[Task requirements]
In how many lines of the records below does the word "Option" appear? Answer with the number alone.

■ ■ ■ ■ ■ ■ ■

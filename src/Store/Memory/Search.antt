-- ===== src/Store/Memory/Search.antt =====
-- `SearchEpisodic`, `SearchSemantic` and `ScanRecent` of internal/store/memory/memory_store.go.
use vatbrain.Prelude.{
  Bool, not, ◌&&◌, ◌||◌, List, [], ◌∷◌, map, Option, none, some, length, keep, take, is_some, ltb,
  nat_eq, string_eq, ◌!=◌, if◌then◌else◌,
}
use vatbrain.Prelude.Dict.{values}
use vatbrain.Prelude.Int.{ℤ, cut_limit, positive, pos_part}
use vatbrain.Prelude.Result.{Action, ok}
use vatbrain.Prelude.Sort.{sort_by}
use vatbrain.Float.{Float64}
use vatbrain.Vector.{is_empty, cosine_similarity}
use vatbrain.Models.Common.{Time, is_zero, before, after}
use vatbrain.Models.Episodic.{EpisodicMemory, effective_occurred_at}
use vatbrain.Models.Semantic.{SemanticMemory}
use vatbrain.Store.{EpisodicSearchRequest, SemanticSearchRequest, EpisodicScanItem}
use vatbrain.Store.Memory.State.{Store}

pub record Scored (W : Type 0) : Type 0 where
  pub mem : EpisodicMemory W
  pub score : W

module _ {W : Type 0} ⦃d : Float64 W⦄ where
  -- The `continue` tests of the loop: the memory is skipped if one holds.
  unfoldable pub skipped : EpisodicSearchRequest W → EpisodicMemory W → Bool
  unfolding effective_occurred_at
  skipped req m =
      (req.project_id != "" && m.project_id != req.project_id)
      || (req.language != "" && m.language != req.language)
      || (req.task_type != "" && m.task_type != req.task_type)
      || d.lt m.weight req.min_weight
      || (not req.include_obsolete && is_some m.obsoleted_at)
      || (not (is_zero req.occurred_after) && before (effective_occurred_at m) req.occurred_after)
      || (not (is_zero req.occurred_before) && after (effective_occurred_at m) req.occurred_before)

  unfoldable pub candidates_of : EpisodicSearchRequest W → Store W → List (EpisodicMemory W)
  candidates_of req s = keep (λ m. not (skipped req m)) (values s.episodics)

  unfoldable pub scored_of : List W → List (EpisodicMemory W) → List (Scored W)
  scored_of q [] = []
  scored_of q (m ∷ ms) =
      let rest = scored_of q ms in
      if is_empty m.context_vector || length m.context_vector != length q
      then rest
      else record { mem = m; score = cosine_similarity q m.context_vector } ∷ rest

  abbrev pub higher_score : Scored W → Scored W → Bool
  higher_score a b = d.lt b.score a.score

  abbrev pub newer : EpisodicMemory W → EpisodicMemory W → Bool
  newer a b = after (effective_occurred_at a) (effective_occurred_at b)

  unfoldable pub ranked_by_embedding :
      List W → EpisodicSearchRequest W → List (EpisodicMemory W) → List (EpisodicMemory W)
  unfolding scored_of
  ranked_by_embedding q req ms =
      let results = sort_by higher_score (scored_of q ms) in
      let top = take (cut_limit req.limit 10 (length results)) results in
      map (λ (x : Scored W). x.mem)
        (if req.sort_by_occurred_at then sort_by (λ a b. newer a.mem b.mem) top else top)

  -- the last two keys of `heavier`
  fresher : Option Time → Option Time → EpisodicMemory W → EpisodicMemory W → Bool
  fresher (some t) (some u) a b = after t u
  fresher _ _ a b = after a.created_at b.created_at

  -- The default order: by weight, then by last access if both have one, or else by creation.
  unfoldable pub heavier : EpisodicMemory W → EpisodicMemory W → Bool
  unfolding fresher
  heavier a b =
      if d.eq a.weight b.weight
      then fresher a.last_accessed_at b.last_accessed_at a b
      else d.lt b.weight a.weight

  unfoldable pub ranked_by_weight :
      EpisodicSearchRequest W → List (EpisodicMemory W) → List (EpisodicMemory W)
  ranked_by_weight req ms =
      take (cut_limit req.limit 10 (length ms))
        (if req.sort_by_occurred_at then sort_by newer ms else sort_by heavier ms)

  -- The embedding is used if it is given and something is left to rank.
  unfoldable pub ranked :
      Option (List W) → EpisodicSearchRequest W → List (EpisodicMemory W) → List (EpisodicMemory W)
  ranked none req ms = ranked_by_weight req ms
  ranked (some q) req ms =
      if is_empty ms then ranked_by_weight req ms else ranked_by_embedding q req ms

  unfoldable pub search_episodic :
      EpisodicSearchRequest W → Action (Store W) (List (EpisodicMemory W))
  unfolding ranked
  search_episodic req s = (ok (ranked req.embedding req (candidates_of req s)), s)

  unfoldable pub search_semantic :
      SemanticSearchRequest → Action (Store W) (List (SemanticMemory W))
  search_semantic req s =
      let matching =
        keep
          (λ (m : SemanticMemory W). not (
            (req.memory_type != "" && m.type != req.memory_type)
            || (req.project_id != "" && m.entity_group != req.project_id)))
          (values s.semantics) in
      (
        ok (
            take (cut_limit req.limit 10 (length matching))
              (sort_by (λ a b. d.lt b.weight a.weight) matching)),
        s,
      )

  last_access : EpisodicMemory W → Option Time → Time
  last_access m none = m.created_at
  last_access m (some t) = t

  scan_item : EpisodicMemory W → EpisodicScanItem W
  unfolding last_access
  scan_item m = record {
    id = m.id;
    summary = m.summary;
    task_type = m.task_type;
    project_id = m.project_id;
    language = m.language;
    entity_group = m.entity_group;
    entity_id = m.entity_group;
    weight = m.weight;
    last_accessed = last_access m m.last_accessed_at;
    occurred_at = effective_occurred_at m;
  }

  unfoldable pub scan_recent : Time → ℤ → Action (Store W) (List (EpisodicScanItem W))
  unfolding scan_item
  scan_recent since limit s =
      let recent =
        keep (λ (m : EpisodicMemory W). not (before m.created_at since || is_some m.obsoleted_at))
          (values s.episodics) in
      let items =
        sort_by
          (λ (a : EpisodicScanItem W) (b : EpisodicScanItem W).
            after a.last_accessed b.last_accessed)
          (map scan_item recent) in
      (
        ok (
            if positive limit && ltb (pos_part limit) (length items)
            then take (pos_part limit) items
            else items),
        s,
      )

■ ■ ■ ■ ■ ■ ■

[Response to the exercise]
4